Obviously this wasn’t shot for the purpose of geologic analysis, but there are some features you can look for and check out during the video when you aren’t blinded by the sun, particularly if you pause it:

-Rapids are shown in order. The transient reach that is paddled begins quickly; the knickzone is not very “leaky,” and there is little warning of what’s coming before you get to the first rapid.

-The run is very intense until the rapid at 6:00. After this, things calm down. There is still plenty of bedrock channel, but more and more small debris collects and produces very shallow and scratchy rapids. These separate larger drops that express what’s left of the incision signal more dynamically.

-The bedrock is charnockite cut by numerous mica-rich shear zones. It’s dull and gray in most shots…

-The very last clip is shot at the Fries Fault. Bedrock changes from charnockite to metasiltstone. Usually there is a quartzite member exposed in this formation, but it’s absent here. This is almost certainly why the Atlantic base level breached the elevated New River basin at this point.

The pattern of basement charnockite thrust directly onto dolomite and shale without quartzite is unusual along strike. It’s also a nice path for low external base level to attack the perched landscape. This 1:500,000 map isn’t perfect at this scale; the stream never bends back into the charnockite. 

-Foliation and joint intersections are a key part of block plucking and thus incision into the bedrock. In addition to steeply-dipping joints, numerous shallower discontinuities cut across foliation to produce rhombic blocks. These have sharp edges even when rounded by water, and are the reason why Bottom Creek is so good at splitting boats.
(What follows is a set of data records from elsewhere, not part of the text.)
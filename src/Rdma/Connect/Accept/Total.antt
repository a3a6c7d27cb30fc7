-- ===== src/Rdma/Connect/Accept/Total.antt =====
-- A network that answers: no node that joins makes the server fault.
use sponge_bob.Prelude.{
  ℕ, zero, suc, ◌+◌, ◌*◌, ◌≤◌, ◌<◌, ◌≡◌, refl, ap, ◌∙◌, Bool, true, false, some, List, [], ◌∷◌,
  arith, length, get_elem?_total, set, length-set, add64, ℤ, below, inl, inr, Bool-cases,
  Option-cases,
}
use sponge_bob.Result.{Result, ok, ◌>>=◌, or_fault}
use sponge_bob.Containers.Table
use sponge_bob.Containers.Table.{find-assign}
use sponge_bob.Rdma.Types.{RdmaSocket, PeerSockData, Verbs}
use sponge_bob.Rdma.Post.{rdma_receive, sge_of}
use sponge_bob.Rdma.Connect.Types.{ExchangeId, ExchangeMeta, Layout, Net, QpInitAttr}
use sponge_bob.Rdma.Connect.Sync.{data_sync}
use sponge_bob.Rdma.Connect.Pairs.{choose_cq, create_queue_pair, ready_pair, init_attr}
use sponge_bob.Rdma.Connect.Pairs.Queues.{Pointed, choose_cq-Pointed}
use sponge_bob.Rdma.Connect.Exchange.{
  Locals, local_id, take_id, pairs_of, create_pairs, my_gid, local_meta, take_meta, ready_pairs,
  exchange_metas, connect_pairs, connect_queue_pair,
}
use sponge_bob.Rdma.Connect.Accept.{receive_in_advance}

module _ {F : Type 0} (net : Net F)
    (created : (attr : QpInitAttr) (f : F) → (qp : ℕ) × ((net.create_qp attr f).0 ≡ some qp)) where
  create_queue_pair_total :
      (peer : PeerSockData) (offset : ℕ) (r : RdmaSocket) (f : F)
      → Pointed r
      → (peer' : PeerSockData) × (r' : RdmaSocket) × (f' : F) × (create_queue_pair net peer offset r
            f
          ≡ ok (peer', r', f'))
        × Pointed r'
        × (length peer'.qp ≡ length peer.qp)
  unfolding create_queue_pair
  create_queue_pair_total peer offset r f p =
      let (inside, p', _, _) = choose_cq-Pointed peer offset r p in
      let (cq, e) = get_elem?_total r.cq (choose_cq peer offset r).0 inside in
      let (qp, e') = created (init_attr cq r) f in
      (
        record peer { cq = cq; qp = set peer.qp offset qp },
        (choose_cq peer offset r).1,
        (net.create_qp (init_attr cq r) f).1,
        rw (e, or_fault) (rw (e', or_fault) refl),
        p',
        length-set peer.qp offset qp,
      )

  create_pairs_total :
      (n i : ℕ) (peer : PeerSockData) (r : RdmaSocket) (f : F)
      → Pointed r
      → (peer' : PeerSockData) × (r' : RdmaSocket) × (f' : F) × (create_pairs net n i peer r f
          ≡ ok (peer', r', f'))
        × Pointed r'
        × (length peer'.qp ≡ length peer.qp)
  unfolding create_pairs
  create_pairs_total zero i peer r f p = (peer, r, f, refl, p, refl)
  create_pairs_total (suc n) i peer r f p =
      let (peer1, r1, f1, run, p1, l1) = create_queue_pair_total peer i r f p in
      let (peer2, r2, f2, run2, p2, l2) = create_pairs_total n (i + 1) peer1 r1 f1 p1 in
      (peer2, r2, f2, rw (run, ◌>>=◌) run2, p2, l2 ∙ l1)

  ready_pairs_total :
      (n : ℕ) (qps nums : List ℕ) (lid : ℕ) (r : RdmaSocket) (f : F)
      → n ≤ length qps
      → n ≤ length nums
      → (done : Bool) × (f' : F) × (ready_pairs net n qps nums lid r f ≡ ok (done, f'))
  unfolding ready_pairs
  ready_pairs_total zero qps nums lid r f h k = (true, f, refl)
  ready_pairs_total (suc n) [] nums lid r f h k = absurd (ground (arith, h))
  ready_pairs_total (suc n) (qp ∷ qps) [] lid r f h k = absurd (ground (arith, k))
  ready_pairs_total (suc n) (qp ∷ qps) (num ∷ nums) lid r f h k =
      go (ready_pair net qp num lid r f).0 (ready_pair net qp num lid r f).1 (
        ready_pairs_total n qps nums lid r (ready_pair net qp num lid r f).1 (ground (arith, h))
          (ground (arith, k)))
    where
      go :
          (b : Bool) (f1 : F)
          → (done : Bool) × (f' : F) × (ready_pairs net n qps nums lid r f1 ≡ ok (done, f'))
          → (done : Bool) × (f' : F) × ((elim b as (λ _. Result (Bool × F)) [
            | true ↦ ready_pairs net n qps nums lid r f1
            | false ↦ ok (false, f1)
          ])
              ≡ ok (done, f'))
      go true f1 x = x
      go false f1 x = (false, f1, refl)

  module _ (ids : Layout ExchangeId) (metas : Layout ExchangeMeta) (reads : ℕ)
      (known : (fd : ℕ) (sent held : List ℕ) (f : F)
        → (rc : ℤ) × (buffer : List ℕ) × (f' : F) × (data_sync net reads fd ids.size sent held f
            ≡ ok (rc, buffer, f')))
      (synced : (fd : ℕ) (sent held : List ℕ) (f : F)
        → (rc : ℤ) × (buffer : List ℕ) × (f' : F) × (data_sync net reads fd metas.size sent held f
            ≡ ok (rc, buffer, f')))
      (three : (bs : List ℕ) → length (metas.of_bytes bs).qp_num ≡ 3) where
    exchange_metas_total :
        (locals : Locals) (gid : List ℕ) (peer : PeerSockData) (r : RdmaSocket) (f : F)
        → length peer.qp ≡ 3
        → (done : Bool) × (peer' : PeerSockData) × (f' : F) × (exchange_metas net ids metas reads
              locals gid peer r f
            ≡ ok (done, peer', r, f'))
          × (length peer'.qp ≡ 3)
    unfolding exchange_metas
    exchange_metas_total locals gid peer r f h =
        let (rc, buffer, f1, run) =
          synced peer.sock (metas.to_bytes (local_meta net locals.local_meta gid peer r f))
            locals.remote_meta f in
        let peer1 = take_meta net (metas.of_bytes buffer) peer in
        let (d, f2, ready) =
          ready_pairs_total (pairs_of peer r) peer1.qp peer1.qp_num peer1.lid r f1
            (ground (arith, h)) (ground (arith, three buffer)) in
        elim (Bool-cases (below rc 0)) [
          | inl t ↦ (false, peer, f1, rw (run, ◌>>=◌) (rw t refl), h)
          | inr t ↦ (d, peer1, f2, rw (run, ◌>>=◌) (rw t (rw (ready, ◌>>=◌) refl)), h)
        ]

    connect_pairs_total :
        (locals : Locals) (peer : PeerSockData) (r : RdmaSocket) (f : F)
        → Pointed r
        → length peer.qp ≡ 3
        → (done : Bool) × (peer' : PeerSockData) × (r' : RdmaSocket) × (f' : F) × (connect_pairs net
              ids metas reads locals peer r f
            ≡ ok (done, peer', r', f'))
          × Pointed r'
          × (length peer'.qp ≡ 3)
    unfolding connect_pairs
    connect_pairs_total locals peer r f p h =
        let (peer1, r1, f1, run, p1, l1) = create_pairs_total (pairs_of peer r) 0 peer r f p in
        elim (Option-cases (my_gid net r1 f1).0) [
          | inl n ↦
              (false, peer1, r1, (my_gid net r1 f1).1, rw (run, ◌>>=◌) (rw n refl), p1, l1 ∙ h)
          | inr (id, n) ↦
              let (d, peer2, f2, run2, l2) =
                exchange_metas_total locals id peer1 r1 (my_gid net r1 f1).1 (l1 ∙ h) in
              (d, peer2, r1, f2, rw (run, ◌>>=◌) (rw n run2), p1, l2)
        ]

    take_id-Pointed :
        (id : ExchangeId) (peer : PeerSockData) (r : RdmaSocket)
        → Pointed r
        → Pointed (take_id id peer r).1
    unfolding take_id
    take_id-Pointed id peer r p = record {
      queues = ground (arith, p.queues);
      some_queue = ground (arith, p.some_queue);
      room = λ h. ground (arith, p.room, h);
      inside = ground (arith, p.inside);
    }

    take_id-qp :
        (id : ExchangeId) (peer : PeerSockData) (r : RdmaSocket)
        → (take_id id peer r).0.qp ≡ peer.qp
    unfolding take_id
    take_id-qp id peer r = ground arith

    pub connect_queue_pair_total :
        (locals : Locals) (peer : PeerSockData) (r : RdmaSocket) (f : F)
        → Pointed r
        → length peer.qp ≡ 3
        → (done : Bool) × (peer' : PeerSockData) × (r' : RdmaSocket) × (f' : F)
          × (connect_queue_pair net ids metas reads locals peer r f ≡ ok (done, peer', r', f'))
          × Pointed r'
          × (length peer'.qp ≡ 3)
    unfolding connect_queue_pair
    connect_queue_pair_total locals peer r f p h =
        let (rc, buffer, f1, run) =
          known peer.sock (ids.to_bytes (local_id r)) locals.remote_id f in
        let id = ids.of_bytes buffer in
        let (d, peer2, r2, f2, run2, p2, l2) =
          connect_pairs_total locals (take_id id peer r).0 (take_id id peer r).1 f1
            (take_id-Pointed id peer r p) (ap length (take_id-qp id peer r) ∙ h) in
        elim (Bool-cases (below rc 0)) [
          | inl t ↦ (false, peer, r, f1, rw (run, ◌>>=◌) (rw t refl), p, h)
          | inr t ↦ (d, peer2, r2, f2, rw (run, ◌>>=◌) (rw t run2), p2, l2)
        ]

pub receive_in_advance_total :
    {F : Type 0} (verbs : Verbs F) (n node_id : ℕ) (r : RdmaSocket) (f : F) (peer : PeerSockData)
    → Table.find node_id r.peers ≡ some peer
    → 0 < length peer.qp
    → (f' : F) × (receive_in_advance verbs n node_id r f ≡ ok f')
unfolding receive_in_advance rdma_receive
receive_in_advance_total verbs zero node_id r f peer e h = (f, refl)
receive_in_advance_total verbs (suc n) node_id r f peer e h =
    let (qp, q) = get_elem?_total peer.qp 0 h in
    let (f', run) =
      receive_in_advance_total verbs n node_id r
        (verbs.post_recv qp (sge_of r (add64 r.mm (node_id * 4096)) 0 ∷ []) f).1 peer e h in
    (f', rw (e, or_fault) (rw (q, or_fault) run))
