-- ===== src/Rdma/Connect/Accept/Served.antt =====
-- Server 1 on a network that answers: it serves the nodes that join, one after the other, without a
-- fault.
use sponge_bob.Prelude.{
  ℕ, zero, suc, ◌+◌, ◌≤◌, ◌<◌, ◌≡◌, refl, ap, sym, subst, ◌∙◌, true, false, none, some, List, arith,
  ltb, length, ℤ, ◌⊎◌, inl, inr, Bool-cases, Option-cases, ==_refl,
}
use sponge_bob.Result.{Result, ok, ◌>>=◌}
use sponge_bob.Containers.Table
use sponge_bob.Containers.Table.{find-assign}
use sponge_bob.Rdma.Types.{RdmaSocket, PeerSockData, Verbs, qps_max_depth}
use sponge_bob.Rdma.Connect.Types.{ExchangeId, ExchangeMeta, Layout, Net, QpInitAttr}
use sponge_bob.Rdma.Connect.Sync.{data_sync}
use sponge_bob.Rdma.Connect.Pairs.Queues.{Pointed}
use sponge_bob.Rdma.Connect.Exchange.{Locals, connect_queue_pair}
use sponge_bob.Rdma.Connect.Exchange.Frame.{connect_queue_pair-given}
use sponge_bob.Rdma.Connect.Accept.{accept_client, rdma_accept}
use sponge_bob.Rdma.Connect.Accept.Numbered.{
  Numbered, Kept, Kept-trans, Kept-weaken, moved_on, taken,
}
use sponge_bob.Rdma.Connect.Accept.Joins.{Honest, accept_client-Kept}
use sponge_bob.Rdma.Connect.Accept.Total.{connect_queue_pair_total, receive_in_advance_total}

module _ {F : Type 0} (verbs : Verbs F) (net : Net F) (ids : Layout ExchangeId)
    (metas : Layout ExchangeMeta) (reads : ℕ) (malloced : F → PeerSockData)
    (locals : F → Locals) where
  -- The device makes the queue pairs that it is asked for, both exchanges end within the reads
  -- allowed, and the arrays of queue pairs have their three places.
  pub record Answers : Type 0 where
    pub created : (attr : QpInitAttr) (f : F) → (qp : ℕ) × ((net.create_qp attr f).0 ≡ some qp)
    pub known :
        (fd : ℕ) (sent held : List ℕ) (f : F)
        → (rc : ℤ) × (buffer : List ℕ) × (f' : F) × (data_sync net reads fd ids.size sent held f
            ≡ ok (rc, buffer, f'))
    pub synced :
        (fd : ℕ) (sent held : List ℕ) (f : F)
        → (rc : ℤ) × (buffer : List ℕ) × (f' : F) × (data_sync net reads fd metas.size sent held f
            ≡ ok (rc, buffer, f'))
    pub three : (bs : List ℕ) → length (metas.of_bytes bs).qp_num ≡ 3
    pub room : (f : F) → length (malloced f).qp ≡ 3

  -- The number of a node whose connection is set up is one of the array.
  number_small :
      (fd : ℕ) (r r1 : RdmaSocket) (f f1 : F) (peer1 : PeerSockData)
      → Numbered r
      → r.max_node_id < 1000
      → Honest verbs net ids metas reads malloced locals r.server_count
      → connect_queue_pair net ids metas reads
          (locals f)
          (record (malloced f) { sock = fd; counter = 0 })
          r
          f
        ≡ ok (true, peer1, r1, f1)
      → peer1.node_id < 1000
  number_small fd r r1 f f1 peer1 h b servers run =
      let peer : PeerSockData = record (malloced f) { sock = fd; counter = 0 } in
      elim (connect_queue_pair-given net ids metas reads (locals f) peer r f true peer1 r1 f1 run) [
        | inl (q, d) ↦ absurd (ground (arith, d))
        | inr (rc, buffer, fx, sent, z, q, node) ↦
            elim (taken (ids.of_bytes buffer) peer r h (omega (arith, b))) [
              | inl (s, t) ↦ omega (
                arith,
                servers.at fd r f fx rc buffer sent z s,
                node,
                ap (λ p. p.0.node_id) t,
                h.above,
                b,
              )
              | inr t ↦
                  let number : peer1.node_id ≡ r.max_node_id =
                    node ∙ ap (λ (u : PeerSockData × RdmaSocket). u.0.node_id) t in
                  omega (arith, number, b)
            ]
      ]

  accept_client_total :
      (fd : ℕ) (r : RdmaSocket) (f : F)
      → Answers
      → Numbered r
      → Pointed r
      → r.max_node_id < 1000
      → Honest verbs net ids metas reads malloced locals r.server_count
      → (r' : RdmaSocket) × (f' : F) × (accept_client verbs net ids metas reads malloced locals fd r
            f
          ≡ ok (r', f'))
        × Pointed r'
  unfolding accept_client
  accept_client_total fd r f a h p b servers =
      let peer : PeerSockData = record (malloced f) { sock = fd; counter = 0 } in
      let (done, peer1, r1, f1, run, p1, l1) =
        connect_queue_pair_total net a.created ids metas reads a.known a.synced a.three (locals f)
          peer r f p (a.room f) in
      elim (Bool-cases done) [
        | inr fails ↦ (r1, f1, rw (run, ◌>>=◌) (rw fails refl), p1)
        | inl joins ↦
            let small =
              number_small fd r r1 f f1 peer1 h b servers
                (run ∙ ap (λ d. ok (d, peer1, r1, f1)) joins) in
            let t : ltb peer1.node_id 1000 ≡ true = ground arith in
            let r2 = record r1 { peers = Table.assign peer1.node_id peer1 r1.peers } in
            let filed : Table.find peer1.node_id r2.peers ≡ some peer1 =
              find-assign peer1.node_id peer1.node_id peer1 r1.peers
              ∙ rw (==_refl peer1.node_id) refl in
            let (f2, received) =
              receive_in_advance_total verbs qps_max_depth peer1.node_id r2 f1 peer1 filed
                (omega (arith, l1)) in
            (
              r2,
              f2,
              rw (run, ◌>>=◌) (rw joins (rw (t, ◌>>=◌) (rw (received, ◌>>=◌) refl))),
              record {
                queues = p1.queues;
                some_queue = p1.some_queue;
                room = p1.room;
                inside = p1.inside;
              },
            )
      ]

  -- The server has returned, or it has served `n` nodes and goes on.
  abbrev pub Serving : ℕ → ℕ → RdmaSocket → F → Type 0
  Serving n sock r f =
      (r' : RdmaSocket) × (f' : F) × Kept n r.max_node_id r r'
      × ((rdma_accept verbs net ids metas reads malloced locals n sock r f ≡ ok (r', f'))
          ⊎ ((fuel rest : ℕ)
              → fuel ≡ n + rest
              → rdma_accept verbs net ids metas reads malloced locals fuel sock r f
                ≡ rdma_accept verbs net ids metas reads malloced locals rest sock r' f'))

  stay : (n sock : ℕ) (r : RdmaSocket) → Numbered r → Kept n r.max_node_id r r
  stay n sock r h =
      Kept-weaken (omega arith) (moved_on r r r.max_node_id 0 r.max_node_id h (omega arith) refl)

  not_running :
      (k sock : ℕ) (r : RdmaSocket) (f : F) (x : Result (RdmaSocket × F))
      → r.is_running ≡ false
      → ok (r, f) ≡ x
      → rdma_accept verbs net ids metas reads malloced locals (suc k) sock r f ≡ x
  unfolding rdma_accept
  not_running k sock r f x stops e = rw (stops, rdma_accept) e

  no_round :
      (k sock : ℕ) (r : RdmaSocket) (f : F) (x : Result (RdmaSocket × F))
      → r.is_running ≡ true
      → (net.accept sock f).0 ≡ none
      → ok (r, (net.accept sock f).1) ≡ x
      → rdma_accept verbs net ids metas reads malloced locals (suc k) sock r f ≡ x
  unfolding rdma_accept
  no_round k sock r f x running nobody e = rw (running, rdma_accept) (rw nobody e)

  one_round :
      (k sock fd : ℕ) (r r1 : RdmaSocket) (f f2 : F)
      → r.is_running ≡ true
      → (net.accept sock f).0 ≡ some fd
      → accept_client verbs net ids metas reads malloced locals fd r (net.accept sock f).1
        ≡ ok (r1, f2)
      → rdma_accept verbs net ids metas reads malloced locals (suc k) sock r f
        ≡ rdma_accept verbs net ids metas reads malloced locals k sock r1 f2
  unfolding rdma_accept
  one_round k sock fd r r1 f f2 running accepted run =
      rw (running, rdma_accept) (rw accepted (rw (run, ◌>>=◌) refl))

  -- On a network that answers, and on which a node that says that it is a server has the number of a
  -- server, `RdmaAccept` of server 1 faults for no node that joins, while the numbers stay below 1000:
  -- for every `n` it has returned after `n` nodes at most, or it has served `n` nodes and goes on. In
  -- both cases every client that had joined still has its place under its number, each client that
  -- joined since has a number from the old `MaxNodeID` on, also where a connection failed in between,
  -- all numbers in use are below the new one, and it is greater by `n` at most. At the start the
  -- numbers in use are below `MaxNodeID`, which is above those of the servers, and `cqPtr` points at one
  -- of the completion queues, of which there are two at least.
  pub rdma_accept_total :
      (n sock : ℕ) (r : RdmaSocket) (f : F)
      → Answers
      → Numbered r
      → Pointed r
      → r.max_node_id + n ≤ 1000
      → Honest verbs net ids metas reads malloced locals r.server_count
      → Serving n sock r f
  unfolding rdma_accept
  rdma_accept_total zero sock r f a h p b servers = (
    r,
    f,
    stay zero sock r h,
    inr (λ fuel rest e.
        let q : fuel ≡ rest = omega (arith, e) in
        ap (λ k. rdma_accept verbs net ids metas reads malloced locals k sock r f) q),
  )
  rdma_accept_total (suc n) sock r f a h p b servers = elim (Bool-cases r.is_running) [
    | inr stops ↦ (r, f, stay (suc n) sock r h, inl (not_running n sock r f _ stops refl))
    | inl running ↦ elim (Option-cases (net.accept sock f).0) [
      | inl nobody ↦ (
        r,
        (net.accept sock f).1,
        stay (suc n) sock r h,
        inl (no_round n sock r f _ running nobody refl),
      )
      | inr (fd, accepted) ↦
          let (r1, f2, run, p1) =
            accept_client_total fd r (net.accept sock f).1 a h p (omega (arith, b)) servers in
          let k =
            accept_client-Kept verbs net ids metas reads malloced locals fd r r1
              (net.accept sock f).1 f2 h (omega (arith, b)) servers run in
          let (r', f', k', ends) =
            rdma_accept_total n sock r1 f2 a k.numbered p1 (omega (arith, b, k.given))
              (subst (Honest verbs net ids metas reads malloced locals) (sym k.servers) servers) in
          (
            r',
            f',
            Kept-weaken (omega arith) (Kept-trans k.rising k k'),
            elim ends [
              | inl done ↦ inl (one_round n sock fd r r1 f f2 running accepted run ∙ done)
              | inr more ↦ inr (λ fuel rest e.
                  let q : fuel ≡ suc (n + rest) = omega (arith, e) in
                  ap (λ k. rdma_accept verbs net ids metas reads malloced locals k sock r f) q
                  ∙ one_round (n + rest) sock fd r r1 f f2 running accepted run
                  ∙ more (n + rest) rest refl)
            ],
          )
    ]
  ]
Vertical joints by the falls; foliation dipping towards me.

Note the sharp flake of rock in the landing zone, and the general “chopped up” nature of the rock at left.

-The low-angle discontinuities likely result from the rock’s proximity to two regional thrusts, the mostly ductile Fries Fault and the brittle Blue Ridge Thrust. Similar rocks away from major thrust structures do not exhibit the complicated discontinuity patterns that intersect at very low angles.

-The steep zone of the gorge alternates between a pure bedrock streambed and accumulations of large boulders that do not move at even the highest flows.

-Foliation plane orientation relative to flow direction controls what individual rapids look like. Downstream-dipping foliation planes locally amplify the incision signal and make huge drops. You can see this in places in the video. Flat or upstream-dipping foliation planes make scratchier, rougher multi-stage drops that usually trap boulders.

Downstream dipping foliation planes in what is probably the rowdiest part of the gorge. We don’t run it (obviously) because all the flow goes the “grate” of logs underneath the chock boulder. 

-Abrasion is also very active, particularly in more micaceous domains. Some rapids are actually a set of coalesced potholes. The potholes may store very large angular tools. I plow into a submerged one of these at 3:52. Fortunately, my well-annealed boat only dented.

Coalesced potholes full of large tools…a small landslide tossed some more in a couple of years ago. Structural control is also at play; note the “hallway” geometry.

-You begin the whitewater run upstream of the leading edge of the incision signal. The stream is alluvial and has floodplains and even swampy areas. The first bedrock quickly appears, though, and it’s on for the next 3 or so kilometers.

-I have probably bled 5 units of blood from my knuckles into this stream.